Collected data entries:
---

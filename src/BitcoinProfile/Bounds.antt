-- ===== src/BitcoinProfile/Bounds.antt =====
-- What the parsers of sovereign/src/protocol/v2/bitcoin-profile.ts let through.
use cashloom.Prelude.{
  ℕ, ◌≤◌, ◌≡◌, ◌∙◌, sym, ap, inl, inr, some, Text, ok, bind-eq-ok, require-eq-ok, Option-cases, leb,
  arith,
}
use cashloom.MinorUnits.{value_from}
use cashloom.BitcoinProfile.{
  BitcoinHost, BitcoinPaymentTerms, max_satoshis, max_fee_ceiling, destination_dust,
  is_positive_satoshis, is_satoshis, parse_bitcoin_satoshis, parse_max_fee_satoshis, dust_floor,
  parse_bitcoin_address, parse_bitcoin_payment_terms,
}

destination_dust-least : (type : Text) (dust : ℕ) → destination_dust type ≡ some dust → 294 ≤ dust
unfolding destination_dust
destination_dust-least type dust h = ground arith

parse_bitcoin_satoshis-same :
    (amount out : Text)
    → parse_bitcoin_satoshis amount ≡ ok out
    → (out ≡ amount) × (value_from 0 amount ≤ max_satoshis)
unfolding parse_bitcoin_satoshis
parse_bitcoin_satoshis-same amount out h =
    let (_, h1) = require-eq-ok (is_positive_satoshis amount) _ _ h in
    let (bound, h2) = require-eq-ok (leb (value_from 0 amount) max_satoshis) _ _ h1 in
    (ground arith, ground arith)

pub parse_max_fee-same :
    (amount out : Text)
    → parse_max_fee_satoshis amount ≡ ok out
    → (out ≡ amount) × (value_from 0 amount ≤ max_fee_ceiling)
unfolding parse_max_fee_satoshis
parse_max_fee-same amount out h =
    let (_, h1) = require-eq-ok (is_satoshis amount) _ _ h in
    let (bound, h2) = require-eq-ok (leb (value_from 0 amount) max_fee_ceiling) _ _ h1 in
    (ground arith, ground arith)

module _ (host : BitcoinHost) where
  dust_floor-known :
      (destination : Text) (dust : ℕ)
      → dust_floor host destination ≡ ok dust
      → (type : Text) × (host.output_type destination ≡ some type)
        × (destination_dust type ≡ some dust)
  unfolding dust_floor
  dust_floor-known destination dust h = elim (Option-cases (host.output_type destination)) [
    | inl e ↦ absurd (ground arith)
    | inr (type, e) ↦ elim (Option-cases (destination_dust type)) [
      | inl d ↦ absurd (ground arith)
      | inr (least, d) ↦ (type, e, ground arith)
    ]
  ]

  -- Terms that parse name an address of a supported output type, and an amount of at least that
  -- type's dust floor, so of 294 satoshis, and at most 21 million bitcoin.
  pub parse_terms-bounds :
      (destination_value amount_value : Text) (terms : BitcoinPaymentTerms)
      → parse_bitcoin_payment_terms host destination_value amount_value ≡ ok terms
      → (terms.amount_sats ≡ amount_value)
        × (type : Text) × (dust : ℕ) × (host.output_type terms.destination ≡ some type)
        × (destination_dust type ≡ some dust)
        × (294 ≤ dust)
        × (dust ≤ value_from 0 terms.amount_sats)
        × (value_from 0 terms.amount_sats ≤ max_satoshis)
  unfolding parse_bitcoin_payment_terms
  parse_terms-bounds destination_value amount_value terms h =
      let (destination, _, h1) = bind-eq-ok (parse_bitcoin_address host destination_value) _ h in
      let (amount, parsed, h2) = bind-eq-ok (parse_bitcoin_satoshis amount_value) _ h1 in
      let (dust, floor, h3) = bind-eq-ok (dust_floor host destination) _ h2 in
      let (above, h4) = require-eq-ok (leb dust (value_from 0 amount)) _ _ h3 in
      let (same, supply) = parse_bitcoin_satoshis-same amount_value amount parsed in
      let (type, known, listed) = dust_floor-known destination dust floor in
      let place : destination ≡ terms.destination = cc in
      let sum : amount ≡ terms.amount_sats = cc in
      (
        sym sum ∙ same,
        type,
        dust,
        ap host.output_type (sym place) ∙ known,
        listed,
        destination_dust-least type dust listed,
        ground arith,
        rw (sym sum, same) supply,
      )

---

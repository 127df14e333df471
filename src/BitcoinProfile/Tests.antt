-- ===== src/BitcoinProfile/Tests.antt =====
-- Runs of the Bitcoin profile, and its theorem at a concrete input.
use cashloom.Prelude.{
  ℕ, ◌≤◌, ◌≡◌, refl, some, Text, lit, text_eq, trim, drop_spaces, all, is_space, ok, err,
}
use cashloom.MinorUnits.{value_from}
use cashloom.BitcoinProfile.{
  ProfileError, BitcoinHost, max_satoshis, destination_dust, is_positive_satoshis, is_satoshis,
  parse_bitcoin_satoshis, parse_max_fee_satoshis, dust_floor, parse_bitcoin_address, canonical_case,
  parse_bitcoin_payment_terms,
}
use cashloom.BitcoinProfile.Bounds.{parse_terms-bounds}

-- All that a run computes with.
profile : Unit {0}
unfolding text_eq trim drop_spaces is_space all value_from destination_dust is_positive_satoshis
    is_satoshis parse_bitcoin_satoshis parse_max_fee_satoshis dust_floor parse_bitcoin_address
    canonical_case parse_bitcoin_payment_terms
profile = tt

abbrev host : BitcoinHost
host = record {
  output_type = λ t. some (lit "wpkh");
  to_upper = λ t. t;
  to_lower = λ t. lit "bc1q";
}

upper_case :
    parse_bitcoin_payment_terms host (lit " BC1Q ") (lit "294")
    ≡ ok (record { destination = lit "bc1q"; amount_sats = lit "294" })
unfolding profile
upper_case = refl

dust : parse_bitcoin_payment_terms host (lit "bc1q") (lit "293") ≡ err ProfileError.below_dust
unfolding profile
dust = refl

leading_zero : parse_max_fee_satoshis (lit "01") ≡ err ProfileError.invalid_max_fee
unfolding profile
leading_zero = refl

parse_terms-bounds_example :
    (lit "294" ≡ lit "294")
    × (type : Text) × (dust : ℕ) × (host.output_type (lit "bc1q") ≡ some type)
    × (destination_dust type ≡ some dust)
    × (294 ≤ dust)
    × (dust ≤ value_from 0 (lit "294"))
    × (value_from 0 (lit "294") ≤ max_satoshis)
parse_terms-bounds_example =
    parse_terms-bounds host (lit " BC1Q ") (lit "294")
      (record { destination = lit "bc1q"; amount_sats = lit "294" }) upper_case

---

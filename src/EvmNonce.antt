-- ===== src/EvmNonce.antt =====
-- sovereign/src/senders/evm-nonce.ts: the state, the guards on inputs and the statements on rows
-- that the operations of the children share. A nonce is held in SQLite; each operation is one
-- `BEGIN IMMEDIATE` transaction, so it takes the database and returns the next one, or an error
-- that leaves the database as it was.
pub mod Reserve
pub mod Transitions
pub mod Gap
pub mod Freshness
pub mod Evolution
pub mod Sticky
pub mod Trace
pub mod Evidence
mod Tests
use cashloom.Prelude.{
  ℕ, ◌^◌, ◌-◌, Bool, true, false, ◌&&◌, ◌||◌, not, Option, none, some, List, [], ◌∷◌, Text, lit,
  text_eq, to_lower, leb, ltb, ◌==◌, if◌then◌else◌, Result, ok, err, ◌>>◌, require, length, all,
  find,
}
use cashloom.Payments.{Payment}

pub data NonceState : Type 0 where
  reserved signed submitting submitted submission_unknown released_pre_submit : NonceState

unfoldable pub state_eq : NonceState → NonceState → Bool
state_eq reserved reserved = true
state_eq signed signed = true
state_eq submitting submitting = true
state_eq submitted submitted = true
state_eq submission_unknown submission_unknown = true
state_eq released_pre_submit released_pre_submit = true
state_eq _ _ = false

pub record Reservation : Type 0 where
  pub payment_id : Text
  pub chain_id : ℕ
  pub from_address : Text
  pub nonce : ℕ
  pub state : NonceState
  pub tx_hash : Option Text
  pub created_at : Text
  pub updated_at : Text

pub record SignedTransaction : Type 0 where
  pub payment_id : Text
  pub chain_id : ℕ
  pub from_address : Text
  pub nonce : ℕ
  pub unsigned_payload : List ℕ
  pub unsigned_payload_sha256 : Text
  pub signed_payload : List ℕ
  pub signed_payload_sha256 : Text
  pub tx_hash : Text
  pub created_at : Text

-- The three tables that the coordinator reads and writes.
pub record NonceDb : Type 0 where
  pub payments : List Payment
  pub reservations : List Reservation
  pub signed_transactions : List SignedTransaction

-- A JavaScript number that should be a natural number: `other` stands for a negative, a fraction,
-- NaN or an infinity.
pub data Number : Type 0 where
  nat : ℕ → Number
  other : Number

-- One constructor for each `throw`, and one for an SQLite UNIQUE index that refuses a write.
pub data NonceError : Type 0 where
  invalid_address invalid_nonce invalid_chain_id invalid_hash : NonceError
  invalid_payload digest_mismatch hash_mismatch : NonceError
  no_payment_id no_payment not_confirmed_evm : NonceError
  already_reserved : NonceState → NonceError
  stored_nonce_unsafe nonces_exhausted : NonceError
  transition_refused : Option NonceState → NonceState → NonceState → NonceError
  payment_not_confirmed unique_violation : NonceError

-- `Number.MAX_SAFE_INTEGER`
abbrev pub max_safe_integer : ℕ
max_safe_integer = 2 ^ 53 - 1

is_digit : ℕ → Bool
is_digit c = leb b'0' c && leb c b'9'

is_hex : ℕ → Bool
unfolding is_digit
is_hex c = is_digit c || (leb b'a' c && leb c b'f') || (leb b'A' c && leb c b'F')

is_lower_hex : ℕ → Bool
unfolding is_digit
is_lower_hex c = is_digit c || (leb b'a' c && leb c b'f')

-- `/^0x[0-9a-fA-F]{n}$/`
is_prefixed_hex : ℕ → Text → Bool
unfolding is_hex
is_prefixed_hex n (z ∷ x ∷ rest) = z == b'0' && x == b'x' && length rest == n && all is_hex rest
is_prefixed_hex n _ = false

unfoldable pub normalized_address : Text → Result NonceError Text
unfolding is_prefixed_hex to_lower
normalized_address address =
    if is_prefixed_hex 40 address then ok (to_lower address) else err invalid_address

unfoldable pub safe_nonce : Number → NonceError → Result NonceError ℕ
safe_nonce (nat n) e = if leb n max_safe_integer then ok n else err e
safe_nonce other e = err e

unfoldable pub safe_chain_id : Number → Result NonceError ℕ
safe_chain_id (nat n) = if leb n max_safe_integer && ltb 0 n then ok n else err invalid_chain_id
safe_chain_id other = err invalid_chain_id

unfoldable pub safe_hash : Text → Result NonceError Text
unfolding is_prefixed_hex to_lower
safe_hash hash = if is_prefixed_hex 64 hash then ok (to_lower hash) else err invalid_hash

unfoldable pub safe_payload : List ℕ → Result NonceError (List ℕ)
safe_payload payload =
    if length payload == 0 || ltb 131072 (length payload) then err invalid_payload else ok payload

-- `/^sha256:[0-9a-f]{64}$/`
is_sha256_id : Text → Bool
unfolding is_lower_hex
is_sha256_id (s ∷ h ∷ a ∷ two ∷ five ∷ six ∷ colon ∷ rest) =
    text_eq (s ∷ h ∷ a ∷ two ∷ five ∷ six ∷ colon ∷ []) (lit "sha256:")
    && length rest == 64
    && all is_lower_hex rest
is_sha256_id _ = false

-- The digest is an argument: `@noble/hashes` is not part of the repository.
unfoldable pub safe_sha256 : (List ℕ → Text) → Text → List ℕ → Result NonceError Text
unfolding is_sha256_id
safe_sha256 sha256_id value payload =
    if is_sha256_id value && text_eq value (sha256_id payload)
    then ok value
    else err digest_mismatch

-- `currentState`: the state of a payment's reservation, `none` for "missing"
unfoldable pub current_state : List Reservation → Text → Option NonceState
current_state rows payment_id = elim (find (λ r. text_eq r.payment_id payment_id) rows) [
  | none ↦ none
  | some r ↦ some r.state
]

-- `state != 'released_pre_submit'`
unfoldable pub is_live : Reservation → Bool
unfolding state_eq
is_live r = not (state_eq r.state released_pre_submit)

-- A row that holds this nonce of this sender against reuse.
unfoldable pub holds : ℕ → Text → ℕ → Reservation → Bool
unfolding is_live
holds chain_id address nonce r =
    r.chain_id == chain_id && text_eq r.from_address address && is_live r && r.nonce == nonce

---

§ The task
Copy the entries above exactly, but only from the line holding "filename src/BitcoinProfile/Bounds.antt" through the line holding "destination_dust-least : (type", both included.

§ Problem solution
filename src/BitcoinProfile/Bounds.antt
-- ===== src/BitcoinProfile/Bounds.antt =====
-- What the parsers of sovereign/src/protocol/v2/bitcoin-profile.ts let through.
use cashloom.Prelude.{
  ℕ, ◌≤◌, ◌≡◌, ◌∙◌, sym, ap, inl, inr, some, Text, ok, bind-eq-ok, require-eq-ok, Option-cases, leb,
  arith,
}
use cashloom.MinorUnits.{value_from}
use cashloom.BitcoinProfile.{
  BitcoinHost, BitcoinPaymentTerms, max_satoshis, max_fee_ceiling, destination_dust,
  is_positive_satoshis, is_satoshis, parse_bitcoin_satoshis, parse_max_fee_satoshis, dust_floor,
  parse_bitcoin_address, parse_bitcoin_payment_terms,
}

destination_dust-least : (type : Text) (dust : ℕ) → destination_dust type ≡ some dust → 294 ≤ dust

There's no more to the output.